Research in context
Evidence before this study
We searched PubMed up to May 5, 2017, with the terms “metastatic sarcoma”, “clinical trials”, “PD-1”, “PD-L1”, “immune checkpoint blockade”, “immune response”, “pembrolizumab”, and “nivolumab” for articles published in English. Patients with metastatic soft-tissue sarcoma or bone sarcoma have a poor prognosis and low survival. First-line treatment of soft-tissue sarcoma with single-agent chemotherapy remains the standard of care and leads to a response in 10–15% of patients. Combination therapies have little or no effect on overall survival in patients with soft-tissue sarcoma, while consistently increasing the incidence of adverse events. Treatment of bone sarcoma with combination chemotherapy in the neoadjuvant and adjuvant setting can be curative despite the substantial toxicity. However, in patients with advanced bone sarcomas, no existing therapeutic options offer a survival advantage. Sarcoma has not traditionally been considered an immunogenic tumour; however, several studies showed PD-L1 to be expressed in up to 30–40% of certain sarcoma subtypes. Anecdotal reports and retrospective series studies have described responses to immune checkpoint blockade in select sarcomas. One phase 2 study of nivolumab in leiomyosarcoma was stopped early for futility, but no prospective studies have been published to date in other subtypes of soft-tissue sarcoma or bone sarcoma. Treatment with antibodies targeting the PD-1/PD-L1 axis led to durable responses in several cancers.
Added value of this study
To our knowledge, this prospective, multicentre, phase 2 study is the first to investigate the use of immune checkpoint blockade with anti-PD-1 antibodies in the treatment of soft-tissue sarcoma and bone sarcoma. We considered the heterogeneity of sarcomas and limited the study to specific histological subtypes to identify potential subtype-specific efficacy signals. We observed an objective response in seven (18%) of 40 patients with soft-tissue sarcoma, and the benefit was limited to patients with undifferentiated pleomorphic sarcoma and dedifferentiated liposarcomas. The characteristics of the responses were consistent with the durable benefit observed with checkpoint blockade in other cancers. We observed little to no benefit in patients with synovial sarcoma or leiomyosarcoma. Similarly, we observed infrequent responses to therapy in patients with bone sarcomas, suggesting the need for combination approaches in this population.

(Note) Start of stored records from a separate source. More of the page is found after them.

-- ===== src/Lookup/Start.antt =====
-- src/lookup.c: the wait for a callback of c-ares, the flags of getnameinfo, and the functions that
-- start a lookup.
pub mod Wait
pub mod Flags
mod Tests
use mathlib.Core.Option
use jega.Base.{
  ◌==◌, if◌then◌else◌, Run, out_of_fuel, ok, ◌>>=◌, ℕ, zero, suc, ◌+◌, ◌-◌, ◌/◌, ◌%◌, Bool, true,
  not, ◌||◌, Option, none, some, List, [], ◌∷◌,
}
use jega.Sockets.{af_inet, af_inet6}
use jega.Lookup.{Found, Context, World, context_at, put_context, dealloc_ctx, init_ctx}

-- `loop_switch` runs other greenlets until this one is switched back to; its NULL is false.
module _ {Rest : Type 0} (loop_switch : World Rest → Bool × World Rest) where
  pub wait_loop : ℕ → World Rest → ℕ → Run (World Rest)
  wait_loop zero w p = out_of_fuel
  wait_loop (suc fuel) w p =
      let (fine, w') = loop_switch w in
      let again = wait_loop fuel w' p in
      context_at w p >>= λ c. if c.called || w.error then ok w else if fine then again else ok w'

  -- The result and the world without the context.
  pub wait_lookup : ℕ → World Rest → ℕ → Run (Option Found × World Rest)
  wait_lookup fuel w p = wait_loop fuel w p >>= λ v. context_at v p >>= λ c.
      let u = if c.called || v.error then v else (loop_switch v).1 in
      context_at u p >>= λ d. ok (d.result, dealloc_ctx u p)

-- What is asked of c-ares; each request has its own callback.
pub data Request : Type 0 where
  by_name by_name_ex sockaddr_of : List ℕ → ℕ → Request
  by_address : List ℕ → ℕ → ℕ → Request
  name_of : List ℕ → Request
  name_of_ex : List ℕ → ℕ → Request

-- The pairs of flag_map, in its order: NI_NUMERICHOST, NI_NUMERICSERV, NI_NOFQDN, NI_NAMEREQD and
-- NI_DGRAM of Linux with what they are in ares.h. The bits of a flag are cleared and set by subtraction
-- and addition, at a bit that is set, or not.
abbrev pub flag_map : List (ℕ × ℕ)
flag_map = (1, 2) ∷ (2, 8) ∷ (4, 1) ∷ (8, 4) ∷ (16, 16) ∷ []

abbrev pub has_flag : ℕ → ℕ → Bool
has_flag flag n = not (flag / n % 2 == 0)

-- `tmp` holds the bits that no entry has taken yet.
pub convert_flags : List (ℕ × ℕ) → ℕ → ℕ → ℕ → Option ℕ
convert_flags [] flag tmp nameflg = none
convert_flags ((n, ares) ∷ rest) flag tmp nameflg =
    let taken = has_flag flag n in
    let tmp' = if taken then tmp - n else tmp in
    let nameflg' = if taken then nameflg + ares else nameflg in
    let more = convert_flags rest flag tmp' nameflg' in if tmp' == 0 then some nameflg' else more

-- ARES_NI_LOOKUPHOST | ARES_NI_LOOKUPSERVICE; `none` is -1.
pub convert_nameinfo_flag : ℕ → Option ℕ
convert_nameinfo_flag flag = convert_flags flag_map flag flag 768

-- `request` is what c-ares does when it is asked, calling back included; `pton` reads an address of a
-- family. `fresh` is the pointer that PyMem_Malloc gives, or none.
module _ {Rest : Type 0} (loop_switch : World Rest → Bool × World Rest)
    (request : Request → ℕ → World Rest → World Rest) (pton : ℕ → List ℕ → Option (List ℕ)) where
  abbrev pub asked : ℕ → Option ℕ → ℕ → World Rest → Request → Run (Option Found × World Rest)
  asked fuel none current w q = ok (none, w)
  asked fuel (some p) current w q =
      wait_lookup loop_switch fuel (request q p (init_ctx w p current)) p

  pub async_gethostbyname :
      ℕ → Option ℕ → ℕ → World Rest → List ℕ → ℕ → Run (Option Found × World Rest)
  async_gethostbyname fuel fresh current w name family =
      asked fuel fresh current w (by_name name family)

  pub async_gethostbyname_ex :
      ℕ → Option ℕ → ℕ → World Rest → List ℕ → ℕ → Run (Option Found × World Rest)
  async_gethostbyname_ex fuel fresh current w name family =
      asked fuel fresh current w (by_name_ex name family)

  -- A text that is no address is not looked up, and there is no exception.
  pub async_gethostbyaddr : ℕ → Option ℕ → ℕ → World Rest → List ℕ → Run (Option Found × World Rest)
  async_gethostbyaddr fuel fresh current w ip = elim (pton af_inet ip) [
    | some a ↦ asked fuel fresh current w (by_address a 4 af_inet)
    | none ↦ elim (pton af_inet6 ip) [
      | some a ↦ asked fuel fresh current w (by_address a 16 af_inet6)
      | none ↦ ok (none, w)
    ]
  ]

  abbrev pub with_family : ℕ → World Rest → ℕ → World Rest
  with_family family w p =
      put_context w p (Option.map {A = Context} (λ c. record c { family = family }) (w.contexts p))

  pub async_getsockaddr :
      ℕ → Option ℕ → ℕ → World Rest → List ℕ → ℕ → Run (Option Found × World Rest)
  async_getsockaddr fuel none current w name family = ok (none, w)
  async_getsockaddr fuel (some p) current w name family =
      wait_lookup loop_switch fuel
        (request (sockaddr_of name family) p (with_family family (init_ctx w p current) p)) p

  pub async_getnameinfo : ℕ → Option ℕ → ℕ → World Rest → List ℕ → Run (Option Found × World Rest)
  async_getnameinfo fuel fresh current w addr = asked fuel fresh current w (name_of addr)

  -- A flag that is not known leaves the context allocated.
  pub async_getnameinfo_ex :
      ℕ → Option ℕ → ℕ → World Rest → List ℕ → ℕ → Run (Option Found × World Rest)
  async_getnameinfo_ex fuel none current w addr flag = ok (none, w)
  async_getnameinfo_ex fuel (some p) current w addr flag =
      let begun = init_ctx w p current in
      elim (convert_nameinfo_flag flag) [
        | none ↦ ok (none, record begun { error = true })
        | some ares ↦ wait_lookup loop_switch fuel (request (name_of_ex addr ares) p begun) p
      ]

Implications of all the available evidence
These findings suggest that pembrolizumab is clinically active in patients with undifferentiated pleomorphic sarcoma or dedifferentiated liposarcoma. Expanded cohorts of these subtypes, which represent more than 30% of all soft-tissue sarcomas, are ongoing. Further investigation is required to determine the utility of predictive biomarkers for response and to understand the mechanisms of resistance in the other subtypes of soft-tissue sarcoma and bone sarcoma, in which rational combination therapies could be considered.